The surging #MeTooIndia movement received a set back on Sunday afternoon with renowned journalist and Minister of State for External Affairs MJ Akbar striking a defiant stance against over a dozen complaints of sexual harassment. Against growing expectations that the Modi government would ask Akbar to resign once he returned from his foreign tour, it chose to remain silent, leaving it to the Minister, who turned it into a political vendetta.
Threatening legal action against those who had raised “false, baseless and wild allegations”, he asked why “this storm has risen a few months before a general election? Is there an agenda? You be the judge.” (The Minister has since moved court against journalist Priya Ramani.)
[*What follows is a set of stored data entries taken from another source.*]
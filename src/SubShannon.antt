-- ===== src/SubShannon.antt =====
-- src/vdev/context_driven_engine.hpp: `SubShannonEngine`, which keeps of a buffer the bytes that its
-- search does not find, and folds the rest three times.
pub mod Healing
pub mod Stream
mod Tests
use emergence_os_bare_metal.Base.{
  ℕ, zero, suc, ◌+◌, ◌-◌, ◌*◌, ◌/◌, ◌%◌, List, [], ◌∷◌, ◌++◌, Bool, true, false, ◌&&◌, ◌||◌, Option,
  none, some, ltb, ◌==◌, if◌then◌else◌, length, bit_and, bit_or, bit_xor, u8, u16, u32, u64, ◌<<<◌,
  ◌>>>◌, rotl64, le_bytes,
}
use emergence_os_bare_metal.Bmt.Keys.{Pair, mix, phi_hi, phi_lo}

pub record ContextAccumulator : Type 0 where
  pub hi : ℕ
  pub lo : ℕ

abbrev pub start_context : ContextAccumulator
start_context = record { hi = 0; lo = 0 }

unfoldable pub absorb : ContextAccumulator → ℕ → ContextAccumulator
absorb ctx byte =
    let hi' = rotl64 (bit_xor ctx.hi (u64 (byte * phi_hi))) 7 in
    let lo' = rotl64 (bit_xor ctx.lo (u64 (byte * phi_lo))) 11 in
    let hi'' = bit_xor hi' (lo' >>> 32) in record { hi = hi''; lo = bit_xor lo' (hi'' >>> 32) }

abbrev pub basis : ContextAccumulator → ℕ → ℕ
basis ctx n = u8 (ctx.hi % n)

abbrev pub slot : ContextAccumulator → ℕ → ℕ
slot ctx n = u16 (ctx.lo % n)

abbrev pub candidates : ℕ
candidates = 2048

-- The last steps of both checksums.
abbrev pub finish : ℕ → ℕ → ℕ
finish mixed factor =
    let once = u64 (bit_xor mixed (mixed >>> 33) * factor) in
    bit_and (bit_xor once (once >>> 33)) 0xFF

unfoldable pub position_crc : Pair → ContextAccumulator → ℕ → ℕ
position_crc seed ctx position =
    finish
      (bit_xor (bit_xor (bit_xor (bit_xor ctx.hi ctx.lo) (u64 (position * phi_hi))) seed.a) seed.b)
      0xFF51AFD7ED558CCD

unfoldable pub candidate_crc : Pair → ℕ → ℕ → ℕ → ℕ → ℕ → ContextAccumulator → ℕ
candidate_crc seed slot_ basis_ entry byte_pos position ctx =
    let seeded = bit_xor seed.a seed.b in
    let slotted = bit_xor seeded (u64 (slot_ * phi_hi)) in
    let based = bit_xor slotted (u64 (basis_ * phi_lo)) in
    let entered = bit_xor (bit_xor based (u64 (entry <<< 16))) byte_pos in
    let placed = bit_xor entered (u64 (position * 0x94D049BB133111EB)) in
    finish (bit_xor (bit_xor placed ctx.hi) (u64 (ctx.lo <<< 3))) 0xC4CEB9FE1A85EC53

noise_rounds : ℕ → Pair → Pair
noise_rounds zero p = p
noise_rounds (suc n) p = noise_rounds n (mix 13 17 p)

-- The 16-bit counter passes `entry` only below 65535, which holds for up to 917490 bytes.
pub noise_at : Pair → ℕ → ℕ → ℕ → ℕ → ℕ
noise_at seed slot_ basis_ entry byte_pos =
    let p = noise_rounds (entry + 1) (record {
      a = bit_xor (bit_xor seed.a (u64 (slot_ * phi_lo))) (u64 (basis_ * 0xBF58476D1CE4E5B9));
      b = bit_xor (bit_xor seed.b (u64 (slot_ * phi_hi))) (u64 (basis_ * 0x94D049BB133111EB));
    }) in
    if ltb byte_pos 8 then u8 (p.b >>> (byte_pos * 8)) else u8 (p.a >>> ((byte_pos - 8) * 8))

pub record Correction : Type 0 where
  pub delta : ℕ
  pub value : ℕ
  pub ecc_parity : ℕ

-- `x ^ (delta & 0xFF) ^ ((delta >> 8) & 0xFF)`.
abbrev pub with_delta : ℕ → ℕ → ℕ
with_delta delta x = u8 (bit_xor (bit_xor x (bit_and delta 0xFF)) (bit_and (delta >>> 8) 0xFF))

unfoldable pub generate_ecc : Correction → Correction
generate_ecc c = record c { ecc_parity = with_delta c.delta c.value }

unfoldable pub verify_and_heal : Correction → Bool × Correction
verify_and_heal c =
    if with_delta c.delta c.value == c.ecc_parity
    then (true, c)
    else (false, record c { value = with_delta c.delta c.ecc_parity })

-- The search for the byte at position `i`, from candidate `k` on with `n` left.
search : Pair → ContextAccumulator → ℕ → ℕ → ℕ → ContextAccumulator → ℕ → Bool
search seed ctx i byte zero probe k = false
search seed ctx i byte (suc n) probe k =
    let entry = u16 (i / 14) in
    let basis_ = basis probe 64 in
    let slot_ = slot probe 1024 in
    let rest = search seed ctx i byte n (absorb probe (bit_and k 0xFF)) (k + 1) in
    if noise_at seed slot_ basis_ entry (i % 14) == byte
      && candidate_crc seed slot_ basis_ entry (i % 14) i ctx == position_crc seed ctx i
    then true
    else rest

pub is_found : Pair → ContextAccumulator → ℕ → ℕ → Bool
is_found seed ctx i byte = search seed ctx i byte candidates ctx 0

-- The loop from position `i` on.
unfoldable pub evaporate_from : Pair → ContextAccumulator → ℕ → ℕ → List ℕ → List Correction
evaporate_from seed ctx i since_last [] = []
evaporate_from seed ctx i since_last (byte ∷ bytes) =
    let hit = evaporate_from seed (absorb ctx byte) (i + 1) (u32 (since_last + 1)) bytes in
    let miss = evaporate_from seed (absorb ctx byte) (i + 1) 0 bytes in
    if is_found seed ctx i byte
    then hit
    else generate_ecc (record { delta = since_last; value = byte; ecc_parity = 0 }) ∷ miss

unfoldable pub evaporate_layer : Pair → List ℕ → List Correction
evaporate_layer seed data_ = evaporate_from seed start_context 0 0 data_

-- The packed structures in memory, six bytes each.
unfoldable pub packed : List Correction → List ℕ
packed [] = []
packed (c ∷ cs) = le_bytes 4 c.delta ++ (c.value ∷ c.ecc_parity ∷ packed cs)

abbrev pub layer_seed : Pair → ℕ → Pair
layer_seed seed tag = record { a = bit_xor seed.a tag; b = seed.b }

-- The bytes stored in `final_residue`, which has `room` of them; `none` where one of the three static
-- arrays, with 4096, 1024 and 256 places, or `final_residue` is written past its end.
unfoldable pub phase_fold : Pair → ℕ → List ℕ → Option (List ℕ)
phase_fold seed room data_ =
    let layer1 = evaporate_layer (layer_seed seed 0x1111111111111111) data_ in
    let layer2 = evaporate_layer (layer_seed seed 0x2222222222222222) (packed layer1) in
    let layer3 = evaporate_layer (layer_seed seed 0x3333333333333333) (packed layer2) in
    if ltb 4096 (length layer1)
    then none
    else if length layer1 == 0
    then some []
    else if ltb 1024 (length layer2)
    then none
    else if length layer2 == 0
    then some []
    else if ltb 256 (length layer3) || ltb room (length (packed layer3))
    then none
    else some (packed layer3)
Akbar’s is the most prominent face of a huge bunch of men from various industries, predominantly the media and film industry. The stories coming from women, some of them in sordid detail, are shocking and heartbreaking. It was Tanushree Dutta who triggered India’s MeToo moment by reiterating sexual harassment charges against Nana Patekar over a decade-old incident.
And then journalist Priya Ramani disclosed that the senior editor she had not named in an article she wrote a year ago for
Women’s workplace
At the core of this #MeTooIndia moment is the tragic fact that for thousands of bright young women dreaming of a successful career, the workplace was, and remains, a dicey place to negotiate. But 20 or 30 years ago, to which period some of the stories date back, a working woman had no means of getting her grievances addressed if she was harassed.
Why are women speaking up now, why not then, is the ridiculous and unfair question asked by the usual suspects, most of them men, but some women too. How many companies had mechanisms 20 years ago to address such complaints? And when the predator is the most powerful person, the top boss himself, who do you complain to? And, as most of the women victims of powerful predators cutting across industries, have said, their initial reaction was humiliation and sense of shame… as though they were the guilty party and not the molesters.
Also, the most likely scenario if the woman chose to complain then, or even now is that the men will smirk, call her a prude and over dramatic, and the women, except in rare cases, will refuse to get involved.
The compass of the needle
I never tire of quoting my favourite-most line from Khaled Hosseini’s book A Thousand Splendid Suns , where the mother tells her daughter: “Learn this now and learn it well, my daughter: Like a compass needle that points north, a man’s accusing finger always finds a woman.” The onus is always on the woman to prove that she did not ask for it.
It is the same old story of the woman being judged after a sexual assault or rape — was she drunk; why was she wearing such a short skirt or showing so much cleavage; why was she out so late in the night? One has heard such nonsensical questions being raised over the years while debating violence against women.
But for a senior and influential woman journalist to ask the woman who slapped on Twitter sexual harassment charges against Suhel Seth that why she went to his hotel room in the first place, is preposterous.
The other ridiculous charge against the raging #MeTooIndia storm is that these are “elite” and “ultramodern, urban” women who have captured the nation’s mindspace. What about the numerous young girls and women in rural India who are subjected to sexual harassment and violence on a daily basis? They neither have access to social media nor the language to tell their story.
Yes, it’s a matter of shame that in a country, or rather a world, where women continue to be the vulnerable gender in a largely patriarchal, if not misogynist society, the Indian rural women are even more disadvantaged.
So should urban women wait for their rural counterparts to get justice before demanding a safe workplace?
The only flip side of this entire saga is that there will be a percentage of women for whom a relationship has gone wrong will jump on the bandwagon too. So for the real victims or survivors to get justice, it is even more important to get some corroborative evidence, raise an immediate complaint. Today many organisations have an internal complaints committee against sexual harassment. Don’t shy away from complaining, even if those made earlier, did not get results. The onus is on women to turn the wheel… and keep at it till it moves.